1.4.4.2. Implication de la mémoire de travail dans la cohérence textuelle

En ce qui concerne la mémoire de travail à court terme, son implication a été démontrée grâce à des recherches portant sur les déficits stratégiques et les déficits des fonctions exécutives. Bauer (1977) relève que les déficits d’empan peuvent être réduits si l’on induit une stratégie (l’autorépétition, par exemple) par entraînement ou consigne, chez des mauvais lecteurs. De Beni et Palladino (2000) mettent en évidence l’importance des erreurs d’intrusion chez des mauvais compreneurs et les interprètent comme un déficit de processus de suppression (désactivation). Dans une tâche de mémoire où les sujets doivent sélectionner des informations pertinentes par rapport à des informations non pertinentes, les informations devenues non pertinentes ne seraient pas désactivées. Le rôle de la mémoire de travail consisterait à : (a) utiliser de façon efficace les fonctions exécutives dirigées par l’administrateur central telles que l’anticipation, la planification ; (b) appliquer des stratégies (d’autorépétition, de relecture) favorisant la mémorisation du matériel ; (c) sélectionner des informations pertinentes et (d) supprimer celles qui ne sont plus appropriées au texte.

Nous pouvons résumer brièvement la mémoire de travail en compréhension de textes comme un état cognitif actif et polyvalent qui intervient à divers niveaux pour assurer la compréhension de textes. Pour illustrer le rôle de la mémoire de travail dans le maintien de la cohérence textuelle, nous présentons une étude de Seigneuric, Gyselinck et Ehrlich (2001) portant sur le traitement des pronoms. Pour conduire leurs recherches, ces auteurs se sont inspirés des travaux de Just et Carpenter (1980) et ont étudié deux groupes de seize enfants en classe de CM1, à forte ou faible capacité de mémoire de travail. L’évaluation des ressources mnésiques disponibles a été réalisée à l’aide du MT-Phrases qui est un test exigeant le traitement et le stockage d’un matériel verbal, comme l’empan de lecture, et inspirée d’une épreuve construite pour des enfants par Siegel et Ryan (1989).

À l’aide de petits textes de deux phrases, la première comportant deux personnages et la seconde commençant par un pronom masculin ou féminin, suivies d’une question portant sur l’antécédent du pronom, Seigneuric, Gyselinck et Ehrlich (2001) ont pour but d’étudier le traitement des pronoms, en faisant varier deux facteurs : la distance entre le pronom et son antécédent, de même que l’ambiguïté du pronom.
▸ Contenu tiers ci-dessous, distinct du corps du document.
-- ===== src/Tests/Scans.antt =====
-- Scans with short reads.
use par2rust.Base.{
  ℕ, ◌≡◌, refl, sym, ap, ◌∙◌, arith, List, [], ◌∷◌, ◌++◌, append_assoc, append-nil, length, some,
}
use par2rust.Error.{gives}
use par2rust.Source.{
  up_to, Reader, read_full, Md5Ctx, update_all, joined, Streams, ScanOutput, scan_via_mmap,
  scan_via_reader,
}
use par2rust.Source.Reads.{Delivers, is_answered, read_full_lem}
use par2rust.Source.Scans.{scan_via_reader-scan_via_mmap}
use par2rust.Tests.Packets.{constant_md5}

-- Six bytes that come one, three and two at a time.
abbrev pub slow_reader : Reader
slow_reader = record { rest = 1 ∷ 2 ∷ 3 ∷ 4 ∷ 5 ∷ 6 ∷ []; answers = up_to 0 ∷ up_to 2 ∷ [] }

slow_reader-Delivers : Delivers slow_reader
unfolding Delivers is_answered
slow_reader-Delivers = (refl, (refl, tt))

read_full_lem_example :
    (after : Reader) × (read_full slow_reader 4 ≡ gives (1 ∷ 2 ∷ 3 ∷ 4 ∷ [], after))
    × (after.rest ≡ 5 ∷ 6 ∷ [])
    × Delivers after
read_full_lem_example = read_full_lem slow_reader 4 slow_reader-Delivers

-- A context that keeps what it is fed.
abbrev pub keeping : Md5Ctx
keeping = record {
  Ctx = List ℕ;
  start = [];
  update = λ fed piece. fed ++ piece;
  finalize = λ fed. constant_md5.digest fed;
}

kept :
    (fed : List ℕ) (pieces : List (List ℕ)) → update_all keeping fed pieces ≡ fed ++ joined pieces
unfolding update_all joined
kept fed [] = sym (append-nil fed)
kept fed (piece ∷ pieces) = kept (fed ++ piece) pieces ∙ append_assoc fed piece (joined pieces)

pub keeping-Streams : Streams constant_md5 keeping
unfolding Streams
keeping-Streams pieces = ap (λ (t : List ℕ). constant_md5.digest t) (kept [] pieces)

scan_via_reader-scan_via_mmap_example :
    (scan : ScanOutput) × (scan_via_reader constant_md5 length keeping 4 slow_reader ≡ gives scan)
    × (scan_via_mmap constant_md5 length 6 4 (1 ∷ 2 ∷ 3 ∷ 4 ∷ 5 ∷ 6 ∷ []) ≡ some scan)
scan_via_reader-scan_via_mmap_example =
    scan_via_reader-scan_via_mmap constant_md5 length keeping 4 slow_reader keeping-Streams
      (omega arith) slow_reader-Delivers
Les résultats révèlent que les enfants à faible empan présentent un net ralentissement de leurs réponses correctes lorsque la distance séparant le pronom de son antécédent est élevée. Les enfants à empan élevé ont presque la même vitesse de réponse, peu importe la distance. Le comportement des enfants avec un empan faible peut être interprété en terme de déclin plus rapide et/ou de mécanisme de récupération des représentations plus lent.

Quant à l’ambiguïté du pronom, les enfants à empan élevé ont des temps de lecture réduits lorsque le genre du pronom suffit à identifier l’antécédent. Mais ces temps de lecture s’allongent quand il faut traiter la phrase contenant le pronom dans la condition ambiguë, ce qui est caractéristique du comportement du bon lecteur adulte. Cela suggère une régulation efficiente et une résolution de pronom quasi immédiate. A l’inverse, dans le groupe à faible empan, les temps de lecture sont plus courts dans la condition ambiguë que dans la condition non ambiguë. Cela peut traduire un défaut de régulation et le recours à une stratégie consistant à différer l’identification de l’antécédent lors de l’apparition de la question. Le faible empan va induire des aménagements cognitifs visant à alléger la réalisation des traitements en condition de charge élevée.

Cette étude permet d’affirmer qu’un faible empan de mémoire de travail se traduit par une efficience réduite dans la résolution des pronoms. Cette opération particulièrement importante dans l’établissement de la cohérence textuelle, effectuée avec des capacités mnésiques diminuées, semble être reliée à plusieurs facteurs : un déclin plus rapide des représentations, des mécanismes de récupération plus lents et un défaut de régulation qui s’accompagne de l’intervention d’une stratégie inappropriée. La cohérence textuelle paraît étroitement liée aux capacités de la mémoire de travail.

Ainsi en compréhension de textes, la mémoire de travail est définie comme un état cognitif actif et polyvalent qui intervient à divers niveaux pour assurer la compréhension. Dans notre recherche, nous allons préciser le rôle de la mémoire de travail, particulièrement du calepin visuo-spatial, dans la mise en arrière plan et la réactivation des informations spatiales du texte.